• Task: Two lines below mark the span: the one containing "q (entries c.order)).1)" and the one containing "index = ok.index;". Set down both, plus every line between, exactly as they stand, and nothing else.

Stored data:
-- ===== src/Correct/Caching/Recency.antt =====
-- `LRUProgramCache` against its specification: a list of entries, the most recently used one first.
use risk_engine.Prelude.{
  ℕ, zero, suc, ◌+◌, ◌%◌, ◌^◌, ◌≡◌, ◌≤◌, ◌<◌, refl, sym, ◌∙◌, ap, Option, none, some, List, [], ◌∷◌,
  Str, length, Bool-cases, Option-cases, inl, inr, arith, take, ltb, ltb→lt,
}
use risk_engine.Prelude.Int.{ℤ, pos, negsuc}
use risk_engine.GoMap.{find, put, remove, string_keys, equal_self, remove_absent}
use risk_engine.Cache.{Counters, count_hit, count_miss, count_set}
use risk_engine.Cache.Lru.{
  Element, LruProgramCache, clamp_capacity, new_lru_program_cache, detach, move_to_front,
  update_value, get, set, delete, limit, evict_oldest, push_front,
}
use risk_engine.Correct.Caching.Elements.{entries, entries-detach}
use risk_engine.Correct.Caching.Index.{
  Indexes, index-Tells, index-element, Indexes-update_value, Indexes-detach, Indexes-move_to_front,
  move_to_front_lem, length-detach,
}
use risk_engine.Correct.Caching.Eviction.{
  entries-absent, length-entries, back_cons, found-back, entries-evicted, Indexes-push,
}

-- What a client asks of a cache.
pub data Request (V : Type 0) : Type 0 where
  get_key : Str → Request V
  set_key : Str → V → Request V
  delete_key : Str → Request V

hit_accounted :
    (n : Counters)
    → n.gets ≡ (n.hits + n.misses) % 2 ^ 64
    → (count_hit n).gets ≡ ((count_hit n).hits + (count_hit n).misses) % 2 ^ 64
hit_accounted n h = omega arith

miss_accounted :
    (n : Counters)
    → n.gets ≡ (n.hits + n.misses) % 2 ^ 64
    → (count_miss n).gets ≡ ((count_miss n).hits + (count_miss n).misses) % 2 ^ 64
miss_accounted n h = omega arith

take_all {ℓ} : {A : Type ℓ} (n : ℕ) (xs : List A) → length xs ≤ n → take n xs ≡ xs
take_all zero [] h = refl
take_all zero (x ∷ xs) h = absurd (omega arith)
take_all (suc n) [] h = refl
take_all (suc n) (x ∷ xs) h = ap (◌∷◌ x) (take_all n xs (omega arith))

module _ {V : Type 0} where
  -- A request to the cache; only `Get` answers.
  abbrev pub serve : Request V → LruProgramCache V → Option V × LruProgramCache V
  serve (get_key k) c = get k c
  serve (set_key k v) c = (none, set k v c)
  serve (delete_key k) c = (none, delete k c)

  -- The specification.
  abbrev pub touch : Str → Option V → List (Str × V) → List (Str × V)
  touch k none r = r
  touch k (some v) r = (k, v) ∷ remove k r

  abbrev pub serve_recent : ℕ → Request V → List (Str × V) → Option V × List (Str × V)
  serve_recent capacity (get_key k) r = (find k r, touch k (find k r) r)
  serve_recent capacity (set_key k v) r = (none, take capacity ((k, v) ∷ remove k r))
  serve_recent capacity (delete_key k) r = (none, remove k r)

  -- Requests one after another, with their answers.
  abbrev pub serve_all : List (Request V) → LruProgramCache V → List (Option V) × LruProgramCache V
  serve_all [] c = ([], c)
  serve_all (q ∷ qs) c =
      let (a, c') = serve q c in let (as₁, c'') = serve_all qs c' in (a ∷ as₁, c'')

  abbrev pub serve_all_recent : ℕ → List (Request V) → List (Str × V) → List (Option V)
  serve_all_recent capacity [] r = []
  serve_all_recent capacity (q ∷ qs) r =
      let (a, r') = serve_recent capacity q r in a ∷ serve_all_recent capacity qs r'

  -- The state of a cache.
  pub record IsConsistent (c : LruProgramCache V) : Type 0 where
    pub positive : 0 < c.capacity
    pub bounded : length c.order ≤ c.capacity
    pub index : Indexes c.items c.next c.order
    pub accounted : c.counters.gets ≡ (c.counters.hits + c.counters.misses) % 2 ^ 64

  pub new_lru_program_cache-IsConsistent :
      (capacity : ℤ) → IsConsistent (new_lru_program_cache {V = V} capacity)
  unfolding new_lru_program_cache find
  new_lru_program_cache-IsConsistent capacity = record {
    positive = clamp_pos capacity;
    bounded = omega arith;
    index = record {
      counted = refl;
      items_once = tt;
      keys_once = tt;
      handles_once = tt;
      agrees = λ k. refl;
      fresh = λ h le. refl;
    };
    accounted = refl;
  }
    where
      clamp_pos : (capacity : ℤ) → 0 < clamp_capacity capacity
      clamp_pos (pos zero) = omega arith
      clamp_pos (pos (suc n)) = omega arith
      clamp_pos (negsuc n) = omega arith

  -- One request keeps the state consistent, and does what the specification says.
  abbrev pub Serves : Request V → LruProgramCache V → Type 0
  Serves q c =
      IsConsistent (serve q c).1
      × ((serve q c).1.capacity ≡ c.capacity)
      × ((serve q c).0 ≡ (serve_recent c.capacity q (entries c.order)).0)
      × (entries (serve q c).1.order ≡ (serve_recent c.capacity q (entries c.order)).1)

  module _ (c : LruProgramCache V) (ok : IsConsistent c) where
    absent : (k : Str) → find k c.items ≡ none → find k (entries c.order) ≡ none
    absent k e = entries-absent k c.order (sym (ok.index.agrees k) ∙ e)

    get-Serves : (k : Str) → Serves (get_key k) c
    unfolding get
    get-Serves k = elim (Option-cases (find k c.items)) [
      | inl e ↦
          rw (get, e, absent k e)
            (
              record {
                positive = ok.positive;
                bounded = ok.bounded;
                index = ok.index;
                accounted = miss_accounted c.counters ok.accounted;
              },
              refl,
              refl,
              refl,
            )
      | inr (h, e) ↦
          let (v, at_h, value) = index-element ok.index k h e in
          let front = move_to_front_lem ok.index k h v at_h in
          rw (get, e, at_h, value)
            (
              record {
                positive = ok.positive;
                bounded =
                    let a = ap length front in
                    let b = length-detach ok.index k h e in let d = ok.bounded in omega arith;
                index = Indexes-move_to_front ok.index k h e;
                accounted = hit_accounted c.counters ok.accounted;
              },
              refl,
              refl,
              ap entries front
                  ∙ ap (◌∷◌ (k, v)) (entries-detach k h c.order (index-Tells ok.index k h e)),
            )
    ]

    delete-Serves : (k : Str) → Serves (delete_key k) c
    unfolding delete
    delete-Serves k = elim (Option-cases (find k c.items)) [
      | inl e ↦
          rw (delete, e) (ok, refl, refl, sym (remove_absent k (entries c.order) (absent k e)))
      | inr (h, e) ↦
          rw (delete, e)
            (
              record {
                positive = ok.positive;
                bounded = let b = length-detach ok.index k h e in let d = ok.bounded in omega arith;
                index = Indexes-detach ok.index k h e;
                accounted = ok.accounted;
              },
              refl,
              refl,
              entries-detach k h c.order (index-Tells ok.index k h e),
            )
    ]

    -- The new front of the list when the key was there.
    rewritten :
        (k : Str) (h : ℕ) (v : V)
        → find k c.items ≡ some h
        → update_value h v (move_to_front h c.order)
          ≡ record { handle = h; key = k; value = v } ∷ detach h c.order
    unfolding update_value
    rewritten k h v e =
        let (w, at_h, value) = index-element ok.index k h e in
        ap (update_value h v) (move_to_front_lem ok.index k h w at_h)
        ∙ rw (update_value, equal_self h) refl

    set_old-Serves : (k : Str) (v : V) (h : ℕ) → find k c.items ≡ some h → Serves (set_key k v) c
    unfolding set
    set_old-Serves k v h e =
        let front = rewritten k h v e in
        let kept = entries-detach k h c.order (index-Tells ok.index k h e) in
        let b = length-detach ok.index k h e in
        let d = ok.bounded in
        rw (set, e)
          (
            record {
              positive = ok.positive;
              bounded = let a = ap length front in omega arith;
              index = Indexes-update_value (Indexes-move_to_front ok.index k h e) h v;
              accounted = ok.accounted;
            },
            refl,
            refl,
            ap entries front
                ∙ ap (◌∷◌ (k, v)) kept
                ∙ sym (
                    take_all c.capacity ((k, v) ∷ remove k (entries c.order)) (
                      let l = ap length kept in
                      let m = length-entries (detach h c.order) in omega arith)),
          )

    -- A new entry, before the limit is looked at.
    pushed : Str → V → LruProgramCache V
    unfolding push_front
    pushed k v = push_front k v (record c { counters = count_set c.counters })

    set_new-Serves : (k : Str) (v : V) → find k c.items ≡ none → Serves (set_key k v) c
    unfolding set push_front limit evict_oldest
    set_new-Serves k v e =
        let order : List (Element V) = record { handle = c.next; key = k; value = v } ∷ c.order in
        let items : List (Str × ℕ) = put k c.next c.items in
        let index : Indexes items (suc c.next) order = Indexes-push ok.index k v e in
        let same : (k, v) ∷ remove k (entries c.order) ≡ entries order =
          ap (◌∷◌ (k, v)) (remove_absent k (entries c.order) (absent k e)) in
        let d = ok.bounded in
        let n : length items ≡ suc (length c.order) = index.counted in
        elim (Bool-cases (ltb c.capacity (length items))) [
          | inl over ↦
              let full : length c.order ≡ c.capacity = omega (arith, ltb→lt _ _ over) in
              let (oldest, e') =
                back_cons (record { handle = c.next; key = k; value = v }) c.order in
              let gone = found-back index oldest e' in
              rw (set, e, over, e')
                (
                  record {
                    positive = ok.positive;
                    bounded =
                        let l = length-detach index oldest.key oldest.handle gone in omega arith;
                    index = Indexes-detach index oldest.key oldest.handle gone;
                    accounted = ok.accounted;
                  },
                  refl,
                  refl,
                  entries-evicted index oldest c.capacity e' (ap suc full)
                      ∙ ap (take c.capacity) (sym same),
                )
          | inr under ↦
              let room : suc (length c.order) ≤ c.capacity = ground (arith, under) in
              rw (set, e, under)
                (
                  record {
                    positive = ok.positive;
                    bounded = room;
                    index = index;
                    accounted = ok.accounted;
                  },
                  refl,
                  refl,
                  sym (
                      ap (take c.capacity) same
                      ∙ take_all c.capacity (entries order)
                          (let m = length-entries c.order in omega arith)),
                )
        ]

    pub serve-Serves : (q : Request V) → Serves q c
    serve-Serves (get_key k) = get-Serves k
    serve-Serves (set_key k v) = elim (Option-cases (find k c.items)) [
      | inl e ↦ set_new-Serves k v e
      | inr (h, e) ↦ set_old-Serves k v h e
    ]
    serve-Serves (delete_key k) = delete-Serves k

  serve_all-from :
      (qs : List (Request V)) (c : LruProgramCache V)
      → IsConsistent c
      → ((serve_all qs c).0 ≡ serve_all_recent c.capacity qs (entries c.order))
        × IsConsistent (serve_all qs c).1
        × ((serve_all qs c).1.capacity ≡ c.capacity)
  serve_all-from [] c ok = (refl, ok, refl)
  serve_all-from (q ∷ qs) c ok =
      let (ok', cap, answer, state) = serve-Serves c ok q in
      let (answers, ok'', cap') = serve_all-from qs (serve q c).1 ok' in
      (
        (λ i. answer i ∷ answers i) ∙ (λ i.
            (serve_recent c.capacity q (entries c.order)).0
            ∷ serve_all_recent (cap i) qs (state i)),
        ok'',
        cap' ∙ cap,
      )

  -- Whatever a client asks of a new cache, the answers are those of the list of entries by recency: `Get`
  -- finds the value that was last set for the key and makes it the most recent one, `Set` puts the key in
  -- front and drops what is beyond the capacity, `Delete` drops the key. A capacity that is not positive
  -- counts as 1.
  pub serve_all-new_lru_program_cache :
      (capacity : ℤ) (qs : List (Request V))
      → (serve_all qs (new_lru_program_cache capacity)).0
        ≡ serve_all_recent (clamp_capacity capacity) qs []
  unfolding new_lru_program_cache
  serve_all-new_lru_program_cache capacity qs =
      (serve_all-from qs (new_lru_program_cache capacity)
        (new_lru_program_cache-IsConsistent capacity)).0

  -- After any requests to a new cache the map and the list hold the same keys, once each, and no more of
  -- them than the capacity; the elements that the map leads to have these keys, and the gets are the hits
  -- and the misses together, modulo the size of the counters.
  pub serve_all-IsConsistent :
      (capacity : ℤ) (qs : List (Request V))
      → IsConsistent (serve_all qs (new_lru_program_cache capacity)).1
  serve_all-IsConsistent capacity qs =
      (serve_all-from qs (new_lru_program_cache capacity)
        (new_lru_program_cache-IsConsistent capacity)).1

• Exercise response:
      × (entries (serve q c).1.order ≡ (serve_recent c.capacity q (entries c.order)).1)

  module _ (c : LruProgramCache V) (ok : IsConsistent c) where
    absent : (k : Str) → find k c.items ≡ none → find k (entries c.order) ≡ none
    absent k e = entries-absent k c.order (sym (ok.index.agrees k) ∙ e)

    get-Serves : (k : Str) → Serves (get_key k) c
    unfolding get
    get-Serves k = elim (Option-cases (find k c.items)) [
      | inl e ↦
          rw (get, e, absent k e)
            (
              record {
                positive = ok.positive;
                bounded = ok.bounded;
                index = ok.index;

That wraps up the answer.